Читаем Непрямое говорение полностью

Для феноменологии корректное расширение предметной области – вещь, безусловно, естественная, и рационалистический пуризм принципа редукции давно уже преодолен, однако понятно, что для Лосева многие из этих новых «феноменов» никак не могли встать в один ряд с единым, многим, покоем, движением и т. д., хотя, с другой стороны, Лосев тоже изначально имел целью расширение узкого гуссерлева понимания эйдетики – ведь сам инновационный концепт «эйдетического языка» тоже был не чем иным, как его расширением. Другое дело, что Лосев предъявлял ко всему вновь допускаемому в ограду априорного свои строгие требования: все допустимые расширения должны быть, по Лосеву, смысловым образом единообразно прошиты и сшиты, а не представлять собой хаотичный конгломерат или просто логическую классификацию или типологию. Так, в частности, можно ввести в эйдетику и аксиологические компоненты (например, в мифе), но – только те, которые феноменологически усматриваются как смысловой итог саморазвития смысла, а не те, которые можно было бы собрать воедино констатирующим описанием чувственных восприятий и эмоциональных «переживаний».

Если позитивистски перенастроенному феноменологическому описанию принципиальная разноприродность накапливаемых «феноменов» и прямо «эйдосов» мешала не слишком (как она никак не мешала и традиционному эмпиризму), то искомому Лосевым принципу объяснения, предполагающему выявление априорных и закономерных взаимосвязей смыслов-эйдосов и, следовательно, их некой онтологической однородности и совместимости, разноприродность эйдосов преграждала бы путь полностью. Понятно, что установка на количественное богатство и максимальную гетерогенность эйдосов исключает возможность толкования эйдетики в целом как особого языка – языка, к которому должно, по Лосеву, иметь то или иное сущностное отношение все новоприходящее, чему придается априорность или статус эйдоса. Гетерогенность новшеств препятствовала бы лосевской цели – нахождению каких-либо закономерностей в самодвижении и взаимосвязи априорных смыслов в пределах единого эйдетического языка.

События и здесь частично подтвердили «опасения» раннего Лосева. Аналоги с чувственным смотрением проводились, как известно, и самим Гуссерлем, но если у него они имели в значительной мере иллюстративный характер (что, впрочем, остается дискуссионным), то впоследствии аналогия постепенно перерастала в отождествление. В 1940-х гг. М. Мерло-Понти сформулирует прямой тезис, согласно которому «эйдетический метод – это метод феноменологического позитивизма» , [241] причем будет развивать эту идею в противовес логическому неопозитивизму аналитической философии (т. е. в мыслившемся Лосевым контексте – в противовес неопозитивизму неокантианского типа).

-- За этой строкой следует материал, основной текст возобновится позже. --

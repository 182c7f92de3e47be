-- ===== src/Matching.antt =====
-- match_engine.c: the inclusion and exclusion patterns of an archive, and which paths they leave out.
-- The path matcher is an interface; Matching/Lafe fills it with lafe_pathmatch().
pub mod Verdict
pub mod Unmatched
pub mod Lafe
use archive_tar_builder.Prelude.{
  ℕ, zero, suc, ◌+◌, ◌-◌, Bool, true, false, Option, none, some, List, [], ◌∷◌, ◌==◌, ltb, ◌&&◌,
  if◌then◌else◌, Bytes,
}
use archive_tar_builder.PathMatch.Loop.{Flags, inclusion_flags, exclusion_flags}

-- `path_match flags pattern path`
pub record Matcher : Type 0 where
  pub path_match : Flags → Bytes → Bytes → Bool

-- A node of the lists of patterns.
pub record Match : Type 0 where
  pub matches : ℕ
  pub pattern : Bytes

pub record LafeMatching : Type 0 where
  pub exclusions : List Match
  pub exclusions_count : ℕ
  pub inclusions : List Match
  pub inclusions_count : ℕ
  pub inclusions_unmatched_count : ℕ

-- initialize_matching(), whose allocation is granted
abbrev pub initialize_matching : LafeMatching
initialize_matching = record {
  exclusions = [];
  exclusions_count = 0;
  inclusions = [];
  inclusions_count = 0;
  inclusions_unmatched_count = 0;
}

-- `if (*matching == NULL) initialize_matching(matching);`
abbrev pub initialized : Option LafeMatching → LafeMatching
initialized none = initialize_matching
initialized (some m) = m

-- A trailing slash is dropped, so that "foo/" matches "foo/bar" as "foo" does.
unfoldable pub strip_slash : Bytes → Bytes
strip_slash [] = []
strip_slash (c ∷ []) = if c == b'/' then [] else c ∷ []
strip_slash (c ∷ d ∷ p) = c ∷ strip_slash (d ∷ p)

-- `granted` is what malloc() answers.
unfoldable pub add_pattern : Bool → List Match → Bytes → Option (List Match)
unfolding strip_slash
add_pattern granted list pattern =
    if granted then some (record { matches = 0; pattern = strip_slash pattern } ∷ list) else none

-- True is the return value 0, false is -1.
unfoldable pub exclude : Bool → Option LafeMatching → Bytes → Bool × Option LafeMatching
unfolding add_pattern
exclude granted matching pattern =
    let m = initialized matching in
    elim (add_pattern granted m.exclusions pattern) [
      | none ↦ (false, some m)
      | some list ↦
          (true, some (record m { exclusions = list; exclusions_count = m.exclusions_count + 1 }))
    ]

unfoldable pub include : Bool → Option LafeMatching → Bytes → Bool × Option LafeMatching
unfolding add_pattern
include granted matching pattern =
    let m = initialized matching in
    elim (add_pattern granted m.inclusions pattern) [
      | none ↦ (false, some m)
      | some list ↦ (
        true,
        some (record m {
          inclusions = list;
          inclusions_count = m.inclusions_count + 1;
          inclusions_unmatched_count = m.inclusions_unmatched_count + 1;
        }),
      )
    ]

-- The lines that the line reader gives, each with what malloc() answers for it.
abbrev pub Lines : Type 0
Lines = List (Bool × Bytes)

unfoldable pub add_lines :
    (Bool → Option LafeMatching → Bytes → Bool × Option LafeMatching)
    → Bool
    → Option LafeMatching
    → Lines
    → Bool × Option LafeMatching
add_lines add ret matching [] = (ret, matching)
add_lines add ret matching ((granted, p) ∷ lines) =
    let (added, matching') = add granted matching p in
    add_lines add (if added then ret else false) matching' lines

-- `none` for the lines: the reader could not be opened.
unfoldable pub exclude_from_file : Option LafeMatching → Option Lines → Bool × Option LafeMatching
unfolding add_lines exclude
exclude_from_file matching none = (false, matching)
exclude_from_file matching (some lines) = add_lines exclude true matching lines

unfoldable pub include_from_file : Option LafeMatching → Option Lines → Bool × Option LafeMatching
unfolding add_lines include
include_from_file matching none = (false, matching)
include_from_file matching (some lines) = add_lines include true matching lines

abbrev pub is_empty : List Match → Bool
is_empty [] = true
is_empty (_ ∷ _) = false

module _ (matcher : Matcher) where
  unfoldable pub match_exclusion : Match → Bytes → Bool
  match_exclusion m pathname = matcher.path_match exclusion_flags m.pattern pathname

  unfoldable pub match_inclusion : Match → Bytes → Bool
  match_inclusion m pathname = matcher.path_match inclusion_flags m.pattern pathname

  -- The first loop of lafe_excluded(): the list with the new matches marked, and how many they are.
  unfoldable pub mark_inclusions : Bytes → List Match → List Match × ℕ
  unfolding match_inclusion
  mark_inclusions pathname [] = ([], 0)
  mark_inclusions pathname (m ∷ list) =
      let (list', found) = mark_inclusions pathname list in
      if m.matches == 0 && match_inclusion m pathname
      then ((record m { matches = m.matches + 1 }) ∷ list', found + 1)
      else (m ∷ list', found)

  unfoldable pub any_exclusion : Bytes → List Match → Bool
  unfolding match_exclusion
  any_exclusion pathname [] = false
  any_exclusion pathname (m ∷ list) =
      if match_exclusion m pathname then true else any_exclusion pathname list

  -- The last loop: the first inclusion that had matched before and matches now is counted up.
  unfoldable pub match_again : Bytes → List Match → Bool × List Match
  unfolding match_inclusion
  match_again pathname [] = (false, [])
  match_again pathname (m ∷ list) =
      let (found, list') = match_again pathname list in
      if ltb 0 m.matches && match_inclusion m pathname
      then (true, (record m { matches = m.matches + 1 }) ∷ list)
      else (found, m ∷ list')

  -- lafe_excluded(): the verdict, and the marked lists.
  unfoldable pub excluded : Option LafeMatching → Bytes → Bool × Option LafeMatching
  excluded none pathname = (false, none)
  excluded (some m) pathname =
      let (marked, found) = mark_inclusions pathname m.inclusions in
      let m' = record m {
        inclusions = marked;
        inclusions_unmatched_count = m.inclusions_unmatched_count - found;
      } in
      let (again, counted) = match_again pathname marked in
      if any_exclusion pathname m.exclusions
      then (true, some m')
      else if ltb 0 found
      then (false, some m')
      else if again
      then (false, some (record m' { inclusions = counted }))
      else if is_empty marked
      then (false, some m')
      else (true, some m')

-- lafe_unmatched_inclusions()
unfoldable pub unmatched_inclusions : Option LafeMatching → ℕ
unmatched_inclusions none = 0
unmatched_inclusions (some m) = m.inclusions_unmatched_count

-- lafe_cleanup_exclusions()
abbrev pub cleanup_exclusions : Option LafeMatching → Option LafeMatching
cleanup_exclusions matching = none
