-- ===== src/Header/Number.antt =====
-- The numeric fields: octal digits by snprintf(3), and the base-256 form of large sizes.
use Prim.Native.Nat.{bit_or}
use archive_tar_builder.Prelude.{
  ℕ, zero, suc, ◌+◌, ◌-◌, ◌/◌, ◌%◌, Bool, [], ◌∷◌, ◌++◌, ◌==◌, leb, if◌then◌else◌, Bytes, length,
  take, drop, replicate, get_or,
}

-- The digits of a number in octal, of which a 64-bit number has 22 at most; none for 0.
unfoldable pub octal_digits : ℕ → ℕ → Bytes
octal_digits zero n = []
octal_digits (suc f) n =
    let rest = octal_digits f (n / 8) in if n == 0 then [] else rest ++ (b'0' + n % 8) ∷ []

-- `%.<precision>o`
unfoldable pub octal : ℕ → ℕ → Bytes
octal precision n =
    let digits = octal_digits 22 n in replicate (precision - length digits) b'0' ++ digits

-- snprintf(3) of a text into a field of `size` bytes: what does not fit is cut off, and a terminator
-- follows.
unfoldable pub snprintf : Bytes → ℕ → Bytes → Bytes
snprintf field size text =
    let written = take (size - 1) text in written ++ (0 ∷ drop (length written + 1) field)

-- The bytes of a 64-bit value, the lowest first.
unfoldable pub low_bytes : ℕ → ℕ → Bytes
low_bytes zero value = []
low_bytes (suc n) value = (value % 256) ∷ low_bytes n (value / 256)

-- `((uint8_t *)&value)[i]`, on a machine of either byte order
unfoldable pub memory_byte : Bool → ℕ → ℕ → ℕ
unfolding low_bytes
memory_byte big value i =
    if big then get_or (low_bytes 8 value) (7 - i) 0 else get_or (low_bytes 8 value) i 0

-- The loop of encode_base256_value(), from index `i` with `n` rounds to go: the bytes that it writes.
unfoldable pub base256_bytes : Bool → ℕ → ℕ → ℕ → Bytes
unfolding memory_byte
base256_bytes big value zero i = []
base256_bytes big value (suc n) i =
    memory_byte big value (if big then i else 8 - i - 1) ∷ base256_bytes big value n (suc i)

-- `field[0] |= 0x80`
unfoldable pub mark_base256 : Bytes → Bytes
mark_base256 [] = []
mark_base256 (b ∷ field) = bit_or b 0x80 ∷ field

-- encode_base256_value(), for a field of `len` bytes, at least 8
unfoldable pub encode_base256_value : Bool → Bytes → ℕ → ℕ → Bytes
unfolding base256_bytes mark_base256
encode_base256_value big field len value =
    mark_base256 (take (len - 8) field ++ base256_bytes big value 8 0)

abbrev pub max_file_size : ℕ
max_file_size = 8589934592

-- The size field: octal up to 8 GB, base 256 from there on.
unfoldable pub size_field : Bool → Bytes → ℕ → Bytes
size_field big field size =
    if leb max_file_size size
    then encode_base256_value big field 12 size
    else snprintf field 12 (octal 11 size)
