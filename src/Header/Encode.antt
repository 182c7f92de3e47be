-- ===== src/Header/Encode.antt =====
-- b_header.c: encoding a header, and a GNU longlink header, into a block.
use archive_tar_builder.Prelude.{
  ℕ, ◌+◌, ◌%◌, ◌^◌, Bool, not, ◌&&◌, Option, none, some, [], ◌∷◌, ◌++◌, ◌==◌, if◌then◌else◌, Bytes,
  strncpy, length, take, codes,
}
use archive_tar_builder.Header.Number.{octal, snprintf, size_field}
use archive_tar_builder.Header.Layout.{Header, HeaderBlock, block_bytes}

-- checksum(): each byte counts as unsigned.
unfoldable pub sum_bytes : Bytes → ℕ
sum_bytes [] = 0
sum_bytes (c ∷ s) = c + sum_bytes s

-- B_HEADER_EMPTY_CHECKSUM
abbrev pub empty_checksum : Bytes
empty_checksum = 32 ∷ 32 ∷ 32 ∷ 32 ∷ 32 ∷ 32 ∷ 32 ∷ 32 ∷ []

-- B_HEADER_MAGIC
abbrev pub magic_bytes : Bytes
magic_bytes = b'u' ∷ b's' ∷ b't' ∷ b'a' ∷ b'r' ∷ 0 ∷ 0x30 ∷ 0x30 ∷ []

-- `field[7] = ' '`
unfoldable pub end_with_space : Bytes → Bytes
end_with_space field = take 7 field ++ 32 ∷ []

-- encode_checksum(): the sum is taken with spaces in the checksum's place.
unfoldable pub encode_checksum : HeaderBlock → HeaderBlock
encode_checksum block =
    let sum = sum_bytes (block_bytes (record block { checksum = empty_checksum })) in
    record block { checksum = end_with_space (snprintf empty_checksum 7 (octal 6 sum)) }

-- `if (s) strncpy(field, s->str, n);`
unfoldable pub put_text : Bytes → ℕ → Option Bytes → Bytes
put_text field n none = field
put_text field n (some s) = strncpy n s

abbrev pub s_iperm : ℕ
s_iperm = 0x1ff

unfoldable pub put_device : HeaderBlock → Header → HeaderBlock
put_device block header =
    if not (header.major == 0) && not (header.minor == 0)
    then record block {
      major = snprintf block.major 8 (octal 7 header.major);
      minor = snprintf block.minor 8 (octal 7 header.minor);
    }
    else block

-- What b_header_encode_block() writes into the fields, but for the devices and the checksum. The
-- modification time goes through "%o", which prints its lower 32 bits.
unfoldable pub fields : Bool → HeaderBlock → Header → HeaderBlock
fields big block header = record block {
  suffix = put_text block.suffix 100 header.suffix;
  mode = snprintf block.mode 8 (octal 7 (header.mode % (s_iperm + 1)));
  uid = snprintf block.uid 8 (octal 7 header.uid);
  gid = snprintf block.gid 8 (octal 7 header.gid);
  size = size_field big block.size header.size;
  mtime = snprintf block.mtime 12 (octal 11 (header.mtime % 2 ^ 32));
  linktype = header.linktype;
  linkdest = put_text block.linkdest 100 header.linkdest;
  magic = magic_bytes;
  user = put_text block.user 32 header.user;
  group = put_text block.group 32 header.group;
  prefix = put_text block.prefix 155 header.prefix;
}

unfoldable pub encode_fields : Bool → HeaderBlock → Header → HeaderBlock
unfolding fields
encode_fields big block header = put_device (fields big block header) header

-- b_header_encode_block(); `big` is is_big_endian().
unfoldable pub encode_block : Bool → HeaderBlock → Header → HeaderBlock
encode_block big block header = encode_checksum (encode_fields big block header)

-- B_HEADER_LONGLINK_PATH
abbrev pub longlink_path : Bytes
longlink_path = codes "././@LongLink"

-- b_header_encode_longlink_block(): the length goes through "%o" as well.
unfoldable pub encode_longlink_block : HeaderBlock → Bytes → ℕ → HeaderBlock
encode_longlink_block block path type = encode_checksum (record block {
  magic = magic_bytes;
  suffix = snprintf block.suffix 100 longlink_path;
  size = snprintf block.size 12 (octal 11 (length path % 2 ^ 32));
  linktype = type;
})

-- b_header_set_usernames()
unfoldable pub set_usernames : Header → Option Bytes → Option Bytes → Header
set_usernames header user group = record header { user = user; group = group }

Описанное выше условие расширения круга первофеноменов (отказ от жесткого понимания редукции) Мерло-Понти принял одним из первых: разворот в сторону позитивизма обосновывался им за счет переосмысления феноменологической редукции. Так, лучшее определение принципа редукции принадлежит, пишет Мерло-Понти, не самому Гуссерлю, а его ассистенту – Э. Финку, согласно которому феноменологическая редукция отнюдь не отворачивается от мира, чтобы обратиться к единству сознания, она лишь отступает в сторону, чтобы увидеть бьющие ключом трансценденции, и только слегка ослабляет интенциональные нити, связывающие нас с миром, но лишь для того, чтобы они тем ярче явились взору, обнаруживая мир как нечто странное и парадоксальное. Цель феноменологической редукции, по Финку, не в уничтожении мира, а в осознании «удивления» перед ним. [242]

Тема «удивления» – чуда – была одной из главных и у Лосева (в «Диалектике мифа» есть специальные и подробные о нем разделы [243] ), причем также не в смысле отсылки ко всесодержащей античности, любившей толковать философию как удивление, а в ее обновленном – феноменологическом – прочтении. Если Мерло-Понти, в соответствии с позитивистской переориентацией, концептуализует «удивление» как тип смыслового отношения к парадоксальности чувственного мира, то у Лосева в толковании чуда сохраняется исходное приоритетное положение априорного – не чувственно постигнутого – эйдетического смысла. Лосевское «чудо» имеет обратную предложенной Финком феноменологическую природу: чудо «освежает» не восприятие чувственного мира, ярче являя взору его парадоксальность, а «освежает» восприятие априорного смысла, ярче являя взору и его парадоксальность (антиномическая тема), и его силу, поскольку чудо есть, по Лосеву, подтверждение власти парадоксальных законов априорного смысла над событиями, фактами и процессами чувственного мира. Чудо для Лосева – там, где чувственный мир удивительным образом послушно исполняет все, что предзадается ему априорными закономерностями сферы чистого смысла.